WHAT YOU SHOULD DO:
Your task is to filter the entries and copy every line containing the string "same".

Records from a collection
▬▬▬
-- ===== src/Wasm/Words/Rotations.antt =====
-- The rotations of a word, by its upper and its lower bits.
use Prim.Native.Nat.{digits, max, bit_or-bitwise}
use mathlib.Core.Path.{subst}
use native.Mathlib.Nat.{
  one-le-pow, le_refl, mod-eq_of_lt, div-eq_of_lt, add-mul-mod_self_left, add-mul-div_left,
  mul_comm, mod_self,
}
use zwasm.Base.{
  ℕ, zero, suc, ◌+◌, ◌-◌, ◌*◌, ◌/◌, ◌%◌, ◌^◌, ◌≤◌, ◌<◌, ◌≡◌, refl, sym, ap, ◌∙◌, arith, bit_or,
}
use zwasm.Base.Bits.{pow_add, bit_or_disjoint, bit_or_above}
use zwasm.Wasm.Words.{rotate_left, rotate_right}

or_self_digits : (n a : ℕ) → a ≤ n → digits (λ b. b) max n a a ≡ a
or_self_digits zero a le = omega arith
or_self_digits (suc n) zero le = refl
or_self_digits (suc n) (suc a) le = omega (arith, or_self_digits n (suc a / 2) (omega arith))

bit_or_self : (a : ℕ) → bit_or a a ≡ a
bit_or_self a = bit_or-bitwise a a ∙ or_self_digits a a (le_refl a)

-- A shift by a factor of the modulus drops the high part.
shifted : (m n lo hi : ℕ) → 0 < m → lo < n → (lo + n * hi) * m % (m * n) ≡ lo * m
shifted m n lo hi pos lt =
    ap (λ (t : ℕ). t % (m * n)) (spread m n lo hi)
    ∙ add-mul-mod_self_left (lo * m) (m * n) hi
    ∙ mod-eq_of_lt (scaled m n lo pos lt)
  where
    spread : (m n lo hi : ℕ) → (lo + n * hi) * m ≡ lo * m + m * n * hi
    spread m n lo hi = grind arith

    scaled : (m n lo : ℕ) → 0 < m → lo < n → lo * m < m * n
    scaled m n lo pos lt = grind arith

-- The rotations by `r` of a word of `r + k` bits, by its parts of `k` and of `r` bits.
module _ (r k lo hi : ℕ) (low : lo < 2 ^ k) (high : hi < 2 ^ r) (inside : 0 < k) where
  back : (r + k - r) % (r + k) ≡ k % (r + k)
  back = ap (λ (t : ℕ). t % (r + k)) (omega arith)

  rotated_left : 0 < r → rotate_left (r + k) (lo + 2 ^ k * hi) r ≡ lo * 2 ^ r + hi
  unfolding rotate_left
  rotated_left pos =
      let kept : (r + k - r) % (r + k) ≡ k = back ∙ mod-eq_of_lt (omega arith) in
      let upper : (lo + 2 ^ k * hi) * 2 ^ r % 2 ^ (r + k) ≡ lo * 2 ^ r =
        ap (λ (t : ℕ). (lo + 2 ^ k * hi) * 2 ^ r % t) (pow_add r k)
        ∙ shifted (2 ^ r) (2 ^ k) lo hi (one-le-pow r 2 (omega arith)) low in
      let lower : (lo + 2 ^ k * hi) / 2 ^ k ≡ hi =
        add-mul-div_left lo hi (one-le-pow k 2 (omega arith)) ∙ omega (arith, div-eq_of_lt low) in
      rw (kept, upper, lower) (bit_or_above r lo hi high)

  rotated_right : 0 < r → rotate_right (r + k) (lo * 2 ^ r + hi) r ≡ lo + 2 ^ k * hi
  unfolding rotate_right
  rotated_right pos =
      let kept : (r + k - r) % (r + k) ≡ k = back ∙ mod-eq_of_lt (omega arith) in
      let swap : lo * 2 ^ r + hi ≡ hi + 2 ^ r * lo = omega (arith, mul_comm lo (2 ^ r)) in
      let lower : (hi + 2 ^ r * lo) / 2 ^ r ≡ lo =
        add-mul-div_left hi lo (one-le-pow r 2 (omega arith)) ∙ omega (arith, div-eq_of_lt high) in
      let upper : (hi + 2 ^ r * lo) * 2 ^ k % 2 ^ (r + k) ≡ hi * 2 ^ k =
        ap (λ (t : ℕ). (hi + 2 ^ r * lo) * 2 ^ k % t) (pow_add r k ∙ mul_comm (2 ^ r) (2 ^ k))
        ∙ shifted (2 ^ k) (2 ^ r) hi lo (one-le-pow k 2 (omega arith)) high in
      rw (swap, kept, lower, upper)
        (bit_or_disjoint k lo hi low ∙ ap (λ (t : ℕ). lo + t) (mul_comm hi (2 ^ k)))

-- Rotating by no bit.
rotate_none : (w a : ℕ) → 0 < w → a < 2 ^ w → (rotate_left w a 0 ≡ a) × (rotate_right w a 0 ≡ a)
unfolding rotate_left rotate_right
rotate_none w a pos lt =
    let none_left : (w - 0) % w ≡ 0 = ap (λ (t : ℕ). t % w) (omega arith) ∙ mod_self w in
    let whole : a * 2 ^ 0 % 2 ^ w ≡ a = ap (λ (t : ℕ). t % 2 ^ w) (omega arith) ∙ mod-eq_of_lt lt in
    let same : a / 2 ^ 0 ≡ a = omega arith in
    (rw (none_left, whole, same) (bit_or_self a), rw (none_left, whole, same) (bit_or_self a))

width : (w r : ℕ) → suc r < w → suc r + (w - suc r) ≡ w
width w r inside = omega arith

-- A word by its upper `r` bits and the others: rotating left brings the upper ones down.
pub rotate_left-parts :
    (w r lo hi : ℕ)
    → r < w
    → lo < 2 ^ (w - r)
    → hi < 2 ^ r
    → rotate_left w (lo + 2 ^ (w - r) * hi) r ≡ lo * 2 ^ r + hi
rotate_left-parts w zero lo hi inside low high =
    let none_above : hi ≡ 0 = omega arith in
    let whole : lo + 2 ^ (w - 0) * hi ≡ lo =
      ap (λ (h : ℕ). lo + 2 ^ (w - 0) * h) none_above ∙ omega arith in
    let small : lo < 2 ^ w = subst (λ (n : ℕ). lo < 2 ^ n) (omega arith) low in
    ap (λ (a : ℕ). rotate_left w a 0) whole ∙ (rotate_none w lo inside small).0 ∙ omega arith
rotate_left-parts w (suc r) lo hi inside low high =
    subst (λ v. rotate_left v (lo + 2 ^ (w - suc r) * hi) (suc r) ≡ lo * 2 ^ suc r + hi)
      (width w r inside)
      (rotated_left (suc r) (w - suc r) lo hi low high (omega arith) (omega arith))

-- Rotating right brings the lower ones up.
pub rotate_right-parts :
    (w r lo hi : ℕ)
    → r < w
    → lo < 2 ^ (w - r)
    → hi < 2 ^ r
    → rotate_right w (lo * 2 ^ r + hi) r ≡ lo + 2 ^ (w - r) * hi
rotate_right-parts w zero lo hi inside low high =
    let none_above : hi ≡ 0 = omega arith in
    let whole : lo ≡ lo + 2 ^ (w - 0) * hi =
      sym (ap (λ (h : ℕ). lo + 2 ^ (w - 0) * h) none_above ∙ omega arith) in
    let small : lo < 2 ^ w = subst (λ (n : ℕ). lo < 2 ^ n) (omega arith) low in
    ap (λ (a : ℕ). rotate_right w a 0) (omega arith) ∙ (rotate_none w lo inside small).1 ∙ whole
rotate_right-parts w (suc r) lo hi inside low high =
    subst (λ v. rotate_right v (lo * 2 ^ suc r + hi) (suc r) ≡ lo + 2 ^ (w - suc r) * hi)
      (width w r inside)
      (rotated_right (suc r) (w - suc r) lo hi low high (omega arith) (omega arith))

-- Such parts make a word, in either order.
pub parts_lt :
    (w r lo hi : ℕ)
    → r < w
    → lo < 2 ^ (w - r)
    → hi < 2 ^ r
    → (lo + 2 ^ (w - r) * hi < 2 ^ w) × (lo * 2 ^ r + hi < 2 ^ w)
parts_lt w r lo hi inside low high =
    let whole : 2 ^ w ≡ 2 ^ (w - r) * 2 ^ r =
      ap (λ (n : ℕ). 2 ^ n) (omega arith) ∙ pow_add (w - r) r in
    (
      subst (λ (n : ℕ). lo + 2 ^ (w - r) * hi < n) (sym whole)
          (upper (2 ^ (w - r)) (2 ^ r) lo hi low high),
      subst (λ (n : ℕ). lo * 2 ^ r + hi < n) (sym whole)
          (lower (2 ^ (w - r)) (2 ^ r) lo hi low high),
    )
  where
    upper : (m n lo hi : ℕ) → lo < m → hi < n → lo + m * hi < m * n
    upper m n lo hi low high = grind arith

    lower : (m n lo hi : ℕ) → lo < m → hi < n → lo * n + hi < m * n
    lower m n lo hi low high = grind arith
▬▬▬
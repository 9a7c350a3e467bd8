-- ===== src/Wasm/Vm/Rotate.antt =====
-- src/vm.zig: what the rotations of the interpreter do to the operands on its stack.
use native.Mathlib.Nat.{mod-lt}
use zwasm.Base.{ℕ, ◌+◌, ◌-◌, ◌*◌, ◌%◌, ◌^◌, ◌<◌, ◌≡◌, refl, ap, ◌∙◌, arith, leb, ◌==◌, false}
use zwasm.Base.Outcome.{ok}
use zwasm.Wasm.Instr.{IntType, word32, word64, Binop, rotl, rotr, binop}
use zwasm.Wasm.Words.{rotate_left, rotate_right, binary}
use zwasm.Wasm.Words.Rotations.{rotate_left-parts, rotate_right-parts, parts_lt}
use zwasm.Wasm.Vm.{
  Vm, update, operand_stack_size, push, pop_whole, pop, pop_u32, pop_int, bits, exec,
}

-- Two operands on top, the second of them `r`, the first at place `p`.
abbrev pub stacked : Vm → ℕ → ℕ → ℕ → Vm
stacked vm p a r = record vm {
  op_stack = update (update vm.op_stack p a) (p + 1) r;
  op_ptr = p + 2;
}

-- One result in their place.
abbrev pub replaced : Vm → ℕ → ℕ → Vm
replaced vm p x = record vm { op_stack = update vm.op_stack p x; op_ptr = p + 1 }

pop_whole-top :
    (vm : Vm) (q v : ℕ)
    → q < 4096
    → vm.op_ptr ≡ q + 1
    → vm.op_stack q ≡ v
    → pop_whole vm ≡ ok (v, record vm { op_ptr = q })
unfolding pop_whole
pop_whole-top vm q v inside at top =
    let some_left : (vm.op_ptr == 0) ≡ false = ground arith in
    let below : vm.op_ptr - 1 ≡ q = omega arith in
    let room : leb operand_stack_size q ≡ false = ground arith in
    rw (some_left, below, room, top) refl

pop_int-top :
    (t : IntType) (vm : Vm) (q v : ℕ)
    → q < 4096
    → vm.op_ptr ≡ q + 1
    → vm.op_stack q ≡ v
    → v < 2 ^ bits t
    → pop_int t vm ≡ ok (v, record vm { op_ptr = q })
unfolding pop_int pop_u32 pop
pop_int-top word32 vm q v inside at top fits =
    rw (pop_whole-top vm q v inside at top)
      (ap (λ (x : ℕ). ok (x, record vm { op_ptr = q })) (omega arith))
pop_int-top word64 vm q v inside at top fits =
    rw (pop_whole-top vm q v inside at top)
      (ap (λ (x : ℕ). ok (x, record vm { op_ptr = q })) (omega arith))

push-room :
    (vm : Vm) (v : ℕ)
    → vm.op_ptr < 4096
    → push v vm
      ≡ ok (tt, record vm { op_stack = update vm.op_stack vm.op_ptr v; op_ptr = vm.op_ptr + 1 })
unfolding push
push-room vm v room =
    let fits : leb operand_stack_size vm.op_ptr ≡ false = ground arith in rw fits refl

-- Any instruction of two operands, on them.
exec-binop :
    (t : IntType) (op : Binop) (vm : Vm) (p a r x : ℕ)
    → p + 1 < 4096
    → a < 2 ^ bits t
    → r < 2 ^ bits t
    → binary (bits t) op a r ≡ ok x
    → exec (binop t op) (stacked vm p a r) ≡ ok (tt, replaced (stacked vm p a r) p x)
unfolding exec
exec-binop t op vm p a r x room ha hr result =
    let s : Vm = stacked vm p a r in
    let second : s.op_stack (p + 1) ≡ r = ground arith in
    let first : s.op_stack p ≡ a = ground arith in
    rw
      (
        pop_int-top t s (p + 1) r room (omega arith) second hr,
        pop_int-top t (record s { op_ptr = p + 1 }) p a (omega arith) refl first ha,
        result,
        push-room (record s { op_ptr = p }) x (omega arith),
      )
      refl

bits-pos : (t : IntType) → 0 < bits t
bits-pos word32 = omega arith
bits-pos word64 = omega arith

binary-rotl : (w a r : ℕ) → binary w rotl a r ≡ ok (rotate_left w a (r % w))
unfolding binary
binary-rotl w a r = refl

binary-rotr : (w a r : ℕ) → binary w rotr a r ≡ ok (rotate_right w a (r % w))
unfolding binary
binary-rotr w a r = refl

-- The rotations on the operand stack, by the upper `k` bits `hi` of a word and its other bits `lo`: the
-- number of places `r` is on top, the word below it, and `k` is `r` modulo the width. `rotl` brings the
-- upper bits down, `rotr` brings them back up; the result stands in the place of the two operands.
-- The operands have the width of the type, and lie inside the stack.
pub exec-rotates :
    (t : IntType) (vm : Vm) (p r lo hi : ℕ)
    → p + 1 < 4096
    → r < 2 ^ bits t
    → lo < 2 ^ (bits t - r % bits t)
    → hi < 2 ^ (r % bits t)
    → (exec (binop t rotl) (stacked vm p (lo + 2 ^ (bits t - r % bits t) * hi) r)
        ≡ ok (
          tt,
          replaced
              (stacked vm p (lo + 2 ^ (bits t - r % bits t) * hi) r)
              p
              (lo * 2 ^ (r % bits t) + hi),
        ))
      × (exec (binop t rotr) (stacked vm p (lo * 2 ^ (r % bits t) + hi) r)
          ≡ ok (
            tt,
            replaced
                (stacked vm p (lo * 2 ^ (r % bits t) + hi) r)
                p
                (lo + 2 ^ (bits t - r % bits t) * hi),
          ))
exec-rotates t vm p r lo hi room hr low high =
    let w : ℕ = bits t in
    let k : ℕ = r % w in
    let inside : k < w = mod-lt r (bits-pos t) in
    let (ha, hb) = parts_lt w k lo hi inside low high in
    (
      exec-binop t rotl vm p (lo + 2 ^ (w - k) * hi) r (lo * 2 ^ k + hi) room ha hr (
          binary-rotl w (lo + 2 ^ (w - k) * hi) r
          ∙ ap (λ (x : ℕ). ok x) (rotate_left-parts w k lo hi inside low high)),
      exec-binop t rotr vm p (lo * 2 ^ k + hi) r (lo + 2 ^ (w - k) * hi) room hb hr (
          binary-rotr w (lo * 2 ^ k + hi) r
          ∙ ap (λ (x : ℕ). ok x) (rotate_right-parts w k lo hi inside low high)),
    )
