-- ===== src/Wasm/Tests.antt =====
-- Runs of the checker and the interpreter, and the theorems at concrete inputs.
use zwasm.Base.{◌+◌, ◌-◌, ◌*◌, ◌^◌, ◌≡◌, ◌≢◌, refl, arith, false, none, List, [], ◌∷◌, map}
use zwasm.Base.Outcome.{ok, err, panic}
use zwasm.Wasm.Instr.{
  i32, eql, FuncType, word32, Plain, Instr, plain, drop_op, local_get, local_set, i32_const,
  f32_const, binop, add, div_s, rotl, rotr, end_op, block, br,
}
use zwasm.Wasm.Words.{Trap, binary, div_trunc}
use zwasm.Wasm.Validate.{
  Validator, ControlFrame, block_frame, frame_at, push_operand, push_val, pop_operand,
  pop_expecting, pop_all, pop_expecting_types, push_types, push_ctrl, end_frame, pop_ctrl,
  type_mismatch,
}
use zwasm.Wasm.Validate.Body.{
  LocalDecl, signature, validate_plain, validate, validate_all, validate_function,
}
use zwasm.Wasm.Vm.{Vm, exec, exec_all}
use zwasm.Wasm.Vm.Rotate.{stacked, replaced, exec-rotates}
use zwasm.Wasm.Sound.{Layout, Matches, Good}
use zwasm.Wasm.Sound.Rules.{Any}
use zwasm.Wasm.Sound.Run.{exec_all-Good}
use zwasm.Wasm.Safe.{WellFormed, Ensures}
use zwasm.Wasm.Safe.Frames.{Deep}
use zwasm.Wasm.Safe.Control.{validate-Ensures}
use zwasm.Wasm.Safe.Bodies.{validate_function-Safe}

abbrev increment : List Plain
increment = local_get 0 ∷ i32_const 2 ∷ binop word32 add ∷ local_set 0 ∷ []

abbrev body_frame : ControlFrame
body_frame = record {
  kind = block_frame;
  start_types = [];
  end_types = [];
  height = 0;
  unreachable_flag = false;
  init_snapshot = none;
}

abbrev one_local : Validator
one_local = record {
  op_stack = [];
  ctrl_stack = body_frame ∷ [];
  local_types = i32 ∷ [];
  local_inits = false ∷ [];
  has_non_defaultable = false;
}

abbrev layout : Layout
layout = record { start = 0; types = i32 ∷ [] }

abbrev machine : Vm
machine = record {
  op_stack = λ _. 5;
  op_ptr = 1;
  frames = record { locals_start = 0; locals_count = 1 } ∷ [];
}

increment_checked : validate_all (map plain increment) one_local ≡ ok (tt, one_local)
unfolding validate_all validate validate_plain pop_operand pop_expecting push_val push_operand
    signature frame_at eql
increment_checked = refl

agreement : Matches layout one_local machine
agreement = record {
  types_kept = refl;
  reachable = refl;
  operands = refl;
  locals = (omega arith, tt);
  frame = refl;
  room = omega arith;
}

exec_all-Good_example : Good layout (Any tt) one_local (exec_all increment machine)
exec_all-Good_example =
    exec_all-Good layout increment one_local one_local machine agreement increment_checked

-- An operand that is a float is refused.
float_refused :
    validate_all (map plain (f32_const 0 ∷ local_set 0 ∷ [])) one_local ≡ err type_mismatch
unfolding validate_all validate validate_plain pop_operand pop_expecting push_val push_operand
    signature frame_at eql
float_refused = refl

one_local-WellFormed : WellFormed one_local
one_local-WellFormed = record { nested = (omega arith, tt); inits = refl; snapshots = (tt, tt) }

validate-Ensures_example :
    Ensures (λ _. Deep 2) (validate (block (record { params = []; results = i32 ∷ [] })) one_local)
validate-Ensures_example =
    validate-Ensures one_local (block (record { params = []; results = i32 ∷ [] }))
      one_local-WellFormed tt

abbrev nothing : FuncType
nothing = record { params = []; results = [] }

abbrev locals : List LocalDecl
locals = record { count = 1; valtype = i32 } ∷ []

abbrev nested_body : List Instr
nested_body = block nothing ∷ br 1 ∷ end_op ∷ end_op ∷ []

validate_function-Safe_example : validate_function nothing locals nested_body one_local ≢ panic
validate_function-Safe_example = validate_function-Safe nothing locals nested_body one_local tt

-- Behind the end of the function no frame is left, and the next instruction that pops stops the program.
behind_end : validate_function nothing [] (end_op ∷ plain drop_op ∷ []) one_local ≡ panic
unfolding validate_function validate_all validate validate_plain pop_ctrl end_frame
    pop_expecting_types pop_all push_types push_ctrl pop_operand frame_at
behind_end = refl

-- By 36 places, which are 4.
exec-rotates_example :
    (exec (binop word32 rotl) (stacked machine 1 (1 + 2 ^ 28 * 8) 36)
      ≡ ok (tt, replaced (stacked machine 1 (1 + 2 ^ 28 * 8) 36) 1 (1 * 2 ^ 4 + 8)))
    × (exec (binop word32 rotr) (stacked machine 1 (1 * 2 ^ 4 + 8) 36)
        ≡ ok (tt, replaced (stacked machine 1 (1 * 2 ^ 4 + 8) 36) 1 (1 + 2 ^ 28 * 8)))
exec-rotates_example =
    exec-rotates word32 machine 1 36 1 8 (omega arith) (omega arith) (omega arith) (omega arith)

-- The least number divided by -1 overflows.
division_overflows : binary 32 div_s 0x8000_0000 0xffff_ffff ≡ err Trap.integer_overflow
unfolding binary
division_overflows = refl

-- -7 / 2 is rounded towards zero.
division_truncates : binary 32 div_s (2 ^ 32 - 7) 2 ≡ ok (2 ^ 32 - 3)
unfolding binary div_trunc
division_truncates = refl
▬▬▬
REPLY TO THE TASK:
    let same : a / 2 ^ 0 ≡ a = omega arith in
    (rw (none_left, whole, same) (bit_or_self a), rw (none_left, whole, same) (bit_or_self a))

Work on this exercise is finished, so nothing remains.